We can find the correlation co-efficient as follows:-
\[r=\frac{s_{xy}}{\sqrt{s_{xx}s_{yy}}}\]
\[\ \ =\frac{291}{\sqrt{168\times 556.875}}\]
\[\ \ =0.951\]

Since \(r\) is positive, it means that there is a direct relationship between average marks and the number of classes conducted, i.e. as number of classes conducted increases, the average marks will go on increasing too.

Since \(r\) is close to 1, it means that there is a strong correlation between the variables.

Since \(r\) is close to 1, it means that there is a strong correlation between the variables.

Example 2

Following are the prices of six supercars of the same model, used for different number of years.

Number of years used \((x_i)\) | Price (in million rupees) \((y_i)\) |
---|---|

\(1\) | \(60\) |

\(2\) | \(38\) |

\(3\) | \(30\) |

\(4\) | \(26\) |

\(5\) | \(24\) |

\(6\) | \(23\) |

In order to determine the co-efficient of correlation, we need to calculate the sum of squares.

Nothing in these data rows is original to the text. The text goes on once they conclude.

-- ===== src/RefreshGuard/Refresh/Steps.antt =====
-- src/claude_code_state/chat.rs, `persist_oauth_refresh`: the reading, the exchange and the write of a token.
use clewdr_hub.Common.{
  ℕ, ◌≡◌, refl, sym, ap, ◌∙◌, Bool, true, false, ◌&&◌, Bool-cases, ◌⊎◌, inl, inr, Option, none,
  some, List, ◌==◌, ==_iff, ==-refl, get, insert, get-insert, arith,
}
use clewdr_hub.RefreshGuard.{holding}
use clewdr_hub.RefreshGuard.Refresh.{
  Refreshes, Progress, read_token, exchanged, written, read_stored, is_current, store, store_if,
  update, present,
}
use clewdr_hub.RefreshGuard.Refresh.Safe.{
  account_of, IsSafe, still_read, read_or_before, differs, removed_other, inserted_other, same_task,
  present_other, not_presented, present_once,
}

pub read_stored-IsSafe :
    (t a m : ℕ) (found : Option ℕ) (s : Refreshes)
    → get t s.tasks.phases ≡ some (holding a m)
    → get a s.stored ≡ found
    → get t s.current ≡ none
    → IsSafe s
    → IsSafe (read_stored t a found s)
read_stored-IsSafe t a m none s h e i w = w
read_stored-IsSafe t a m (some k) s h e i w = record {
  serial = w.serial;
  under_guard = λ u p q. elim (read_or_before t u s.current (read_token a k) p q) [
    | inl (same, v) ↦ (m, rw (sym same, sym (ap account_of v)) h)
    | inr (d, before) ↦ w.under_guard u p before
  ];
  read_unused = λ u b j q. elim (read_or_before t u s.current (read_token a k) (read_token b j) q) [
    | inl (same, v) ↦
        let token : (a ≡ b) × (k ≡ j) = (cc, cc) in
        rw (sym token.0, sym token.1)
          (elim (w.stored_well a k e) [
            | inl free ↦ free
            | inr (o, n, x) ↦
                let one : t ≡ o = same_task s t o a m (exchanged a k n) w h x refl in
                let clash : none ≡ some (exchanged a k n) = sym i ∙ rw one x in
                let impossible : ⊥ = cc in absurd impossible
          ])
    | inr (d, before) ↦ w.read_unused u b j before
  ];
  fresh_unused = λ u b j n q.
      elim (read_or_before t u s.current (read_token a k) (exchanged b j n) q) [
        | inl (same, v) ↦ let impossible : ⊥ = cc in absurd impossible
        | inr (d, before) ↦ w.fresh_unused u b j n before
      ];
  stored_well = λ b j q. elim (w.stored_well b j q) [
    | inl free ↦ inl free
    | inr (u, n, x) ↦
        inr (u, n, inserted_other t u s.current _ _ (differs t u b j n s.current (rw i tt) x) x)
  ];
  read_issued = λ u b j q. elim (read_or_before t u s.current (read_token a k) (read_token b j) q) [
    | inl (same, v) ↦
        let token : (a ≡ b) × (k ≡ j) = (cc, cc) in rw (sym token.1) (w.stored_issued a k e)
    | inr (d, before) ↦ w.read_issued u b j before
  ];
  fresh_issued = λ u b j n q.
      elim (read_or_before t u s.current (read_token a k) (exchanged b j n) q) [
        | inl (same, v) ↦ let impossible : ⊥ = cc in absurd impossible
        | inr (d, before) ↦ w.fresh_issued u b j n before
      ];
  stored_issued = w.stored_issued;
  unissued = w.unissued;
  once = w.once;
}

-- A token of another account, or of another task, is another token.
other_token :
    (s : Refreshes) (t u a k : ℕ) (p : Progress) (b j : ℕ)
    → IsSafe s
    → get t s.current ≡ some (read_token a k)
    → get u s.current ≡ some p
    → account_of p ≡ b
    → (t == u) ≡ false
    → (a == b) && (k == j) ≡ false
other_token s t u a k p b j w h g e d = elim (Bool-cases (a == b)) [
  | inr q ↦ rw q refl
  | inl q ↦
      let o = w.under_guard t (read_token a k) h in
      let same : t ≡ u = same_task s t u a o.0 p w o.1 g ((==_iff a b).0 q ∙ sym e) in
      let impossible : ⊥ = ground (arith, same, d) in absurd impossible
]

pub present-IsSafe :
    (t : ℕ) (progress : Option Progress) (s : Refreshes)
    → get t s.current ≡ progress
    → IsSafe s
    → IsSafe (present t progress s)
present-IsSafe t none s h w = w
present-IsSafe t (some (exchanged a k n)) s h w = w
present-IsSafe t (some (written a k n)) s h w = w
present-IsSafe t (some (read_token a k)) s h w = record {
  serial = w.serial;
  under_guard = λ u p q. elim (read_or_before t u s.current (exchanged a k s.issued) p q) [
    | inl (same, v) ↦
        let o = w.under_guard t (read_token a k) h in
        (o.0, rw (sym same, sym (ap account_of v)) o.1)
    | inr (d, before) ↦ w.under_guard u p before
  ];
  read_unused = λ u b j q.
      elim (read_or_before t u s.current (exchanged a k s.issued) (read_token b j) q) [
        | inl (same, v) ↦ let impossible : ⊥ = cc in absurd impossible
        | inr (d, before) ↦
            present_other a k b j s.presented
              (other_token s t u a k (read_token b j) b j w h before refl d)
            ∙ w.read_unused u b j before
      ];
  fresh_unused = λ u b j n q.
      elim (read_or_before t u s.current (exchanged a k s.issued) (exchanged b j n) q) [
        | inl (same, v) ↦
            let fresh : s.issued ≡ n = cc in
            not_presented a k b n s.presented
              (let below = w.read_issued t a k h in ground (arith, below, fresh))
              (w.unissued b n (omega (arith, fresh)))
        | inr (d, before) ↦
            present_other a k b n s.presented
              (other_token s t u a k (exchanged b j n) b n w h before refl d)
            ∙ w.fresh_unused u b j n before
      ];
  stored_well = λ b j q. elim (Bool-cases ((a == b) && (k == j))) [
    | inl x ↦
        let token : (a ≡ b) × (k ≡ j) = ground (arith, x) in
        inr (
          t,
          s.issued,
          rw (sym token.0, sym token.1)
              (get-insert t t (exchanged a k s.issued) s.current ∙ rw (==-refl t) refl),
        )
    | inr x ↦ elim (w.stored_well b j q) [
      | inl free ↦ inl (present_other a k b j s.presented x ∙ free)
      | inr (u, n, g) ↦
          inr (u, n, inserted_other t u s.current _ _ (differs t u b j n s.current (rw h tt) g) g)
    ]
  ];
  read_issued = λ u b j q.
      elim (read_or_before t u s.current (exchanged a k s.issued) (read_token b j) q) [
        | inl (same, v) ↦ let impossible : ⊥ = cc in absurd impossible
        | inr (d, before) ↦ omega (arith, w.read_issued u b j before)
      ];
  fresh_issued = λ u b j n q.
      elim (read_or_before t u s.current (exchanged a k s.issued) (exchanged b j n) q) [
        | inl (same, v) ↦ let fresh : s.issued ≡ n = cc in omega (arith, fresh)
        | inr (d, before) ↦ omega (arith, w.fresh_issued u b j n before)
      ];
  stored_issued = λ b j q. omega (arith, w.stored_issued b j q);
  unissued = λ b j q.
      not_presented a k b j s.presented
        (let below = w.read_issued t a k h in ground (arith, below, q))
        (w.unissued b j (omega (arith, q)));
  once = λ b j. present_once a k b j s.presented (w.read_unused t a k h) (w.once b j);
}

-- What is stored is another token than the one that a failed test has looked for.
pub not_current :
    (a k b j : ℕ) (tokens : List (ℕ × ℕ))
    → is_current a k tokens ≡ false
    → get b tokens ≡ some j
    → (a == b) && (k == j) ≡ false
not_current a k b j tokens q e = elim (Bool-cases (a == b)) [
  | inr p ↦ rw p refl
  | inl p ↦
      let found : get a tokens ≡ some j = rw ((==_iff a b).0 p) e in
      let other : (j == k) ≡ false = sym (rw found refl) ∙ q in ground (arith, other)
]

pub inserted_after :
    (a fresh b j : ℕ) (tokens : List (ℕ × ℕ))
    → get b (insert a fresh tokens) ≡ some j
    → ((a ≡ b) × (j ≡ fresh)) ⊎ ((get b tokens ≡ some j) × ((a == b) ≡ false))
inserted_after a fresh b j tokens e = elim (Bool-cases (a == b)) [
  | inl p ↦
      let now : some fresh ≡ some j = sym (get-insert a b fresh tokens ∙ rw p refl) ∙ e in
      inl ((==_iff a b).0 p, cc)
  | inr p ↦ inr (sym (get-insert a b fresh tokens ∙ rw p refl) ∙ e, p)
]

-- A task that exchanges one token is not the one that exchanges another.
another :
    (t u a k n b j m : ℕ) (c : List (ℕ × Progress))
    → get t c ≡ some (exchanged a k n)
    → get u c ≡ some (exchanged b j m)
    → (a == b) && (k == j) ≡ false
    → (t == u) ≡ false
another t u a k n b j m c h g x = elim (Bool-cases (t == u)) [
  | inr d ↦ d
  | inl d ↦
      let at_t : get t c ≡ some (exchanged b j m) = rw ((==_iff t u).0 d) g in
      let clash : some (exchanged a k n) ≡ some (exchanged b j m) = sym h ∙ at_t in
      let token : (a ≡ b) × (k ≡ j) = (cc, cc) in
      let impossible : ⊥ = ground (arith, token, x) in absurd impossible
]

store_if-IsSafe :
    (t a k n : ℕ) (b : Bool) (s : Refreshes)
    → get t s.current ≡ some (exchanged a k n)
    → is_current a k s.stored ≡ b
    → IsSafe s
    → IsSafe (store_if t a k n b s)
store_if-IsSafe t a k n false s h q w = record {
  serial = w.serial;
  under_guard = λ u p e. w.under_guard u p (still_read t u s.current p e).1;
  read_unused = λ u b j e. w.read_unused u b j (still_read t u s.current (read_token b j) e).1;
  fresh_unused =
      λ u b j m e. w.fresh_unused u b j m (still_read t u s.current (exchanged b j m) e).1;
  stored_well = λ b j e. elim (w.stored_well b j e) [
    | inl free ↦ inl free
    | inr (u, m, g) ↦ inr (
      u,
      m,
      removed_other t u s.current _
          (another t u a k n b j m s.current h g (not_current a k b j s.stored q e)) g,
    )
  ];
  read_issued = λ u b j e. w.read_issued u b j (still_read t u s.current (read_token b j) e).1;
  fresh_issued =
      λ u b j m e. w.fresh_issued u b j m (still_read t u s.current (exchanged b j m) e).1;
  stored_issued = w.stored_issued;
  unissued = w.unissued;
  once = w.once;
}
store_if-IsSafe t a k n true s h q w = record {
  serial = w.serial;
  under_guard = λ u p e. elim (read_or_before t u s.current (written a k n) p e) [
    | inl (same, v) ↦
        let o = w.under_guard t (exchanged a k n) h in
        (o.0, rw (sym same, sym (ap account_of v)) o.1)
    | inr (d, before) ↦ w.under_guard u p before
  ];
  read_unused = λ u b j e. elim (read_or_before t u s.current (written a k n) (read_token b j) e) [
    | inl (same, v) ↦ let impossible : ⊥ = cc in absurd impossible
    | inr (d, before) ↦ w.read_unused u b j before
  ];
  fresh_unused = λ u b j m e.
      elim (read_or_before t u s.current (written a k n) (exchanged b j m) e) [
        | inl (same, v) ↦ let impossible : ⊥ = cc in absurd impossible
        | inr (d, before) ↦ w.fresh_unused u b j m before
      ];
  stored_well = λ b j e. elim (inserted_after a n b j s.stored e) [
    | inl (same, fresh) ↦ inl (rw (sym same, fresh) (w.fresh_unused t a k n h))
    | inr (kept, x) ↦ elim (w.stored_well b j kept) [
      | inl free ↦ inl free
      | inr (u, m, g) ↦ inr (
        u,
        m,
        inserted_other t u s.current _ _ (another t u a k n b j m s.current h g (rw x refl)) g,
      )
    ]
  ];
  read_issued = λ u b j e. elim (read_or_before t u s.current (written a k n) (read_token b j) e) [
    | inl (same, v) ↦ let impossible : ⊥ = cc in absurd impossible
    | inr (d, before) ↦ w.read_issued u b j before
  ];
  fresh_issued = λ u b j m e.
      elim (read_or_before t u s.current (written a k n) (exchanged b j m) e) [
        | inl (same, v) ↦ let impossible : ⊥ = cc in absurd impossible
        | inr (d, before) ↦ w.fresh_issued u b j m before
      ];
  stored_issued = λ b j e. elim (inserted_after a n b j s.stored e) [
    | inl (same, fresh) ↦ rw fresh (w.fresh_issued t a k n h)
    | inr (kept, x) ↦ w.stored_issued b j kept
  ];
  unissued = w.unissued;
  once = w.once;
}

pub store-IsSafe :
    (t : ℕ) (progress : Option Progress) (s : Refreshes)
    → get t s.current ≡ progress
    → IsSafe s
    → IsSafe (store t progress s)
store-IsSafe t none s h w = w
store-IsSafe t (some (read_token a k)) s h w = w
store-IsSafe t (some (written a k n)) s h w = w
store-IsSafe t (some (exchanged a k n)) s h w =
    store_if-IsSafe t a k n (is_current a k s.stored) s h refl w

pub update-IsSafe :
    (t : ℕ) (progress : Option Progress) (s : Refreshes)
    → get t s.current ≡ progress
    → IsSafe s
    → IsSafe (update t progress s)
update-IsSafe t none s h w = w
update-IsSafe t (some (read_token a k)) s h w = w
update-IsSafe t (some (exchanged a k n)) s h w = w
update-IsSafe t (some (written a k n)) s h w = record {
  serial = w.serial;
  under_guard = λ u p e. w.under_guard u p (still_read t u s.current p e).1;
  read_unused = λ u b j e. w.read_unused u b j (still_read t u s.current (read_token b j) e).1;
  fresh_unused =
      λ u b j m e. w.fresh_unused u b j m (still_read t u s.current (exchanged b j m) e).1;
  stored_well = λ b j e. elim (w.stored_well b j e) [
    | inl free ↦ inl free
    | inr (u, m, g) ↦ inr (u, m, removed_other t u s.current _ (not_writer u g) g)
  ];
  read_issued = λ u b j e. w.read_issued u b j (still_read t u s.current (read_token b j) e).1;
  fresh_issued =
      λ u b j m e. w.fresh_issued u b j m (still_read t u s.current (exchanged b j m) e).1;
  stored_issued = w.stored_issued;
  unissued = w.unissued;
  once = w.once;
}
  where
    not_writer : {b j m : ℕ} (u : ℕ) → get u s.current ≡ some (exchanged b j m) → (t == u) ≡ false
    not_writer u g = elim (Bool-cases (t == u)) [
      | inr d ↦ d
      | inl d ↦
          let clash = sym h ∙ ap (λ v. get v s.current) ((==_iff t u).0 d) ∙ g in
          let impossible : ⊥ = cc in absurd impossible
    ]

\(x\) | \(y\) | \(x^2\) | \(y^2\) | \(xy\) |
---|---|---|---|---|

\(1\) | \(60\) | \(1\) | \(3600\) | \(60\) |

\(2\) | \(38\) | \(4\) | \(1444\) | \(76\) |

\(3\) | \(30\) | \(9\) | \(900\) | \(90\) |

\(4\) | \(26\) | \(16\) | \(676\) | \(104\) |

\(5\) | \(24\) | \(25\) | \(576\) | \(120\) |

\(6\) | \(23\) | \(36\) | \(529\) | \(138\) |

\[\sum{x=21}\] | \[\sum{y=189}\] | \[\sum{x^2=91}\] | \[\sum{y^2=6429}\] | \[\sum{xy=576}\] |

\[s_{xx}=\sum{x^2}-n{\overline{x}}^2\]
\[\ \ \ \ =91-\left(6\times {3.5}^2\right)\]
\[\ \ \ \ =17.5\]

\[s_{yy}=\sum{y^2}-n{\overline{y}}^2\]
\[\ \ \ \ =7725-\left(6\times {33.5}^2\right)\]
\[\ \ \ \ =991.5\]

\[s_{xy}=\sum{xy}-n\overline{x}\overline{y}\]
\[\ \ \ \ =588-\left(6\times 3.5\times 33.5\right)\]
\[\ \ \ \ =-115.5\]

\[r=\frac{s_{xy}}{\sqrt{s_{xx}s_{yy}}}\]
\[\ \ =\frac{-115.5}{\sqrt{17.5\times 991.5}}\]
\[\ \ =0.877\]

Since \(r\) is negative, it means that the price of the car and the number of years it is used move in opposite directions, i.e. there is a negative or inverse relationship.